That is a very clever approach. I don't think I've ever heard of that before.
I'll have to give it a try.

------
abirfrankel
In 2002 Microsoft noted that by fixing the top 20% most reported bugs, 80% of
the errors and crashes would be eliminated.

------
programminggeek
I think it is because people are terrible at considering hidden complexity and
the odds of something unexpected happening.

My biz partner has a philosophy of "there is no such thing as a simple app."
Hidden complexity is everywhere.

Consider user login. A form with username and password right?

Do you show the password as they type it or obfuscate it? What if the user
forgets username or password? How do you handle password reset? Did you make
sure you are sending over https? What about captcha? Do you use one at all? Do
you have password strength requirements? How do you want to store the password
data? What about security questions? What about error handling? Do you support
oauth like facebook login? Will this work for login via api? How are you going
to test login? Will you write feature specs, unit tests, etc?

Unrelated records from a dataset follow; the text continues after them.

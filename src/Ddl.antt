-- ===== src/Ddl.antt =====
-- ddl.go: DDL statements to `DDLActions` and `Tables`. `Contexts` has the parts of the parse tree,
-- `ColumnName` the comparison of column names, `Constraints` and `Create` are CREATE TABLE, and
-- `Statements` holds the other statements.
pub mod Contexts
pub mod ColumnName
pub mod Constraints
pub mod Create
pub mod Statements
pub mod Alter
pub mod Frame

Now, how often do people think through features in that kind of detail when
estimating? Look at the above questions. All of a sudden the last 20% starts
to look like 80%.

------
Oculus
In case the site isn't loading for you (wasn't for me):

[http://webcache.googleusercontent.com/search?q=cache:www.mat...](http://webcache.googleusercontent.com/search?q=cache:www.matvoz.com/blog/2013/10/let-
me-tell-you-why-the-last-20-od-work-takes-the-same-amount-of-time-as-the-
first-80/)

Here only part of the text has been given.